> Record extracts
....................

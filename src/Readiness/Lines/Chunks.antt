-- ===== src/Readiness/Lines/Chunks.antt =====
-- Cutting a log into lines does not depend on the chunks in which it is read.
use docker_vrising.Prelude.{
  ℕ, zero, suc, ◌+◌, ◌≤◌, ◌≡◌, refl, sym, ap, ◌∙◌, List, [], ◌∷◌, ◌++◌, ◌==◌, nat_eq, ltb, length,
  length-append, Bytes, none, some, Bool-cases, Option-cases, inl, inr, arith, if◌then◌else◌,
}
use docker_vrising.Prelude.Result.{Result, ok, err, ◌>>=◌, Result-cases}
use mathlib.Core.List.{append-nil, append_assoc}
use docker_vrising.Steam.Console.{trim_return}
use docker_vrising.Readiness.Lines.{
  LineError, line_too_long, Lines, add_line, cut_newline, keep_rest, end_line, one_round,
  lines_from, complete_lines, max_readiness_input_bytes,
}

module _ (limit : ℕ) where
  -- The same, byte by byte.
  feed : Bytes → Bytes → Result LineError Lines
  feed remainder [] = ok ([], remainder)
  feed remainder (c ∷ content) =
      let line = feed [] content in
      let rest = feed (remainder ++ (c ∷ [])) content in
      if c == 10
      then line >>= (λ l. ok (add_line (trim_return remainder) l))
      else if ltb limit (length remainder + 1)
      then err line_too_long
      else rest

  feed-plain :
      (content remainder : Bytes)
      → length remainder ≤ limit
      → cut_newline content ≡ none
      → feed remainder content ≡ keep_rest limit remainder content
  unfolding cut_newline feed
  feed-plain [] remainder fits h = ground (arith, append-nil remainder)
  feed-plain (c ∷ content) remainder fits h = ground (
    arith,
    feed-plain content (remainder ++ (c ∷ [])),
    append_assoc remainder (c ∷ []) content,
    length-append remainder (c ∷ []),
  )

  -- The line is cut off where the newline stands.
  feed-line :
      (content remainder : Bytes) {before after : Bytes}
      → length remainder ≤ limit
      → cut_newline content ≡ some (before, after)
      → feed remainder content ≡ end_line limit feed remainder before after
  unfolding cut_newline feed
  feed-line [] remainder fits h = cc
  feed-line (c ∷ content) remainder fits h = elim (Option-cases (cut_newline content)) [
    | inl e ↦ ground (arith, append-nil remainder)
    | inr ((x, y), e) ↦ ground (
      arith,
      append-nil remainder,
      feed-line content (remainder ++ (c ∷ [])) {before = x} {after = y},
      append_assoc remainder (c ∷ []) x,
      length-append remainder (c ∷ []),
    )
  ]

  cut_newline-shorter :
      (content : Bytes) {before after : Bytes}
      → cut_newline content ≡ some (before, after)
      → suc (length after) ≤ length content
  unfolding cut_newline
  cut_newline-shorter [] h = cc
  cut_newline-shorter (c ∷ content) h = elim (Option-cases (cut_newline content)) [
    | inl e ↦ ground arith
    | inr ((x, y), e) ↦ ground (arith, cut_newline-shorter content {before = x} {after = y} e)
  ]

  -- The loop has fuel for any content that is no longer than it.
  lines_from-feed :
      (fuel : ℕ) (content remainder : Bytes)
      → length content ≤ fuel
      → length remainder ≤ limit
      → lines_from limit fuel remainder content ≡ feed remainder content
  unfolding lines_from feed
  lines_from-feed fuel [] remainder enough fits = refl
  lines_from-feed zero (c ∷ content) remainder enough fits = ground arith
  lines_from-feed (suc fuel) (c ∷ content) remainder enough fits =
      elim (Option-cases (cut_newline (c ∷ content))) [
        | inl e ↦
            ap (one_round limit (lines_from limit fuel) remainder (c ∷ content)) e
            ∙ sym (feed-plain (c ∷ content) remainder fits e)
        | inr ((x, y), e) ↦
            let shorter = cut_newline-shorter (c ∷ content) e in
            ap (one_round limit (lines_from limit fuel) remainder (c ∷ content)) e
            ∙ ap
                (λ r.
                  if ltb limit (length remainder + length x)
                  then err line_too_long
                  else r >>= (λ (l : Lines). ok (add_line (trim_return (remainder ++ x)) l)))
                (lines_from-feed fuel y [] (omega (arith, shorter, enough)) (omega arith))
            ∙ sym (feed-line (c ∷ content) remainder fits e)
      ]

  abbrev append_lines : List Bytes → Result LineError Lines → Result LineError Lines
  append_lines lines (err e) = err e
  append_lines lines (ok (more, remainder)) = ok (lines ++ more, remainder)

  abbrev feed_after : Bytes → Result LineError Lines → Result LineError Lines
  feed_after content (err e) = err e
  feed_after content (ok (lines, remainder)) = append_lines lines (feed remainder content)

  append_lines-nil : (r : Result LineError Lines) → append_lines [] r ≡ r
  append_lines-nil (err e) = refl
  append_lines-nil (ok (lines, remainder)) = refl

  feed_after-add :
      (content line : Bytes) (r : Result LineError Lines)
      → (feed_after content r >>= (λ l. ok (add_line line l)))
        ≡ feed_after content (r >>= (λ l. ok (add_line line l)))
  feed_after-add content line (err e) = refl
  feed_after-add content line (ok (lines, remainder)) = from (feed remainder content)
    where
      from :
          (r : Result LineError Lines)
          → (append_lines lines r >>= (λ l. ok (add_line line l))) ≡ append_lines (line ∷ lines) r
      from (err e) = refl
      from (ok (more, rest)) = refl

  feed-append :
      (first second remainder : Bytes)
      → feed remainder (first ++ second) ≡ feed_after second (feed remainder first)
  unfolding feed
  feed-append [] second remainder = sym (append_lines-nil (feed remainder second))
  feed-append (c ∷ first) second remainder = elim (Bool-cases (c == 10)) [
    | inl e ↦ ground (
      arith,
      feed-append first second [],
      feed_after-add second (trim_return remainder) (feed [] first),
    )
    | inr e ↦ ground (arith, feed-append first second (remainder ++ (c ∷ [])))
  ]

  feed-fits :
      (content remainder : Bytes) {lines : List Bytes} {rest : Bytes}
      → length remainder ≤ limit
      → feed remainder content ≡ ok (lines, rest)
      → length rest ≤ limit
  unfolding feed
  feed-fits [] remainder fits h = ground arith
  feed-fits (c ∷ content) remainder {lines = lines} {rest = rest} fits h =
      elim (Bool-cases (c == 10)) [
        | inl e ↦ elim (Result-cases (feed [] content)) [
          | inl ((more, last), k) ↦
              ground (arith, feed-fits content [] {lines = more} {rest = last})
          | inr (r, k) ↦ ground arith
        ]
        | inr e ↦ ground (
          arith,
          feed-fits content (remainder ++ (c ∷ [])) {lines = lines} {rest = rest},
          length-append remainder (c ∷ []),
        )
      ]

-- Two calls, the second with the remainder of the first.
abbrev pub complete_chunks : Bytes → Bytes → Bytes → Result LineError Lines
complete_chunks remainder first second = do
  a ← complete_lines remainder first
  b ← complete_lines a.1 second
  ok (a.0 ++ b.0, b.1)

complete_lines-feed :
    (content remainder : Bytes)
    → length remainder ≤ max_readiness_input_bytes
    → complete_lines remainder content ≡ feed max_readiness_input_bytes remainder content
unfolding complete_lines
complete_lines-feed content remainder fits =
    lines_from-feed max_readiness_input_bytes (length content) content remainder (omega arith) fits

-- What is read in two chunks gives the same lines, the same remainder and the same error as in one, if
-- the remainder at the start is no longer than a line may be.
pub complete_lines-append :
    (first second remainder : Bytes)
    → length remainder ≤ max_readiness_input_bytes
    → complete_lines remainder (first ++ second) ≡ complete_chunks remainder first second
complete_lines-append first second remainder fits =
    complete_lines-feed (first ++ second) remainder fits
    ∙ feed-append max_readiness_input_bytes first second remainder
    ∙ from (feed max_readiness_input_bytes remainder first) refl
    ∙ ap chunks (sym (complete_lines-feed first remainder fits))
  where
    second_chunk : Lines → Result LineError Lines
    second_chunk a = complete_lines a.1 second >>= (λ (b : Lines). ok (a.0 ++ b.0, b.1))

    chunks : Result LineError Lines → Result LineError Lines
    chunks r = r >>= second_chunk

    added :
        (lines : List Bytes) (r : Result LineError Lines)
        → append_lines max_readiness_input_bytes lines r
          ≡ (r >>= (λ (b : Lines). ok (lines ++ b.0, b.1)))
    added lines (err e) = refl
    added lines (ok (more, rest)) = refl

    from :
        (r : Result LineError Lines)
        → feed max_readiness_input_bytes remainder first ≡ r
        → feed_after max_readiness_input_bytes second r ≡ chunks r
    from (err e) h = refl
    from (ok (lines, rest)) h =
        ap (append_lines max_readiness_input_bytes lines) (
          sym (
            complete_lines-feed second rest
              (feed-fits max_readiness_input_bytes first remainder fits h)))
        ∙ added lines (complete_lines rest second)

....................

> To do
Whenever the word "than" appears in a line of the listing, report that line.

> Task output
  -- The loop has fuel for any content that is no longer than it.
-- the remainder at the start is no longer than a line may be.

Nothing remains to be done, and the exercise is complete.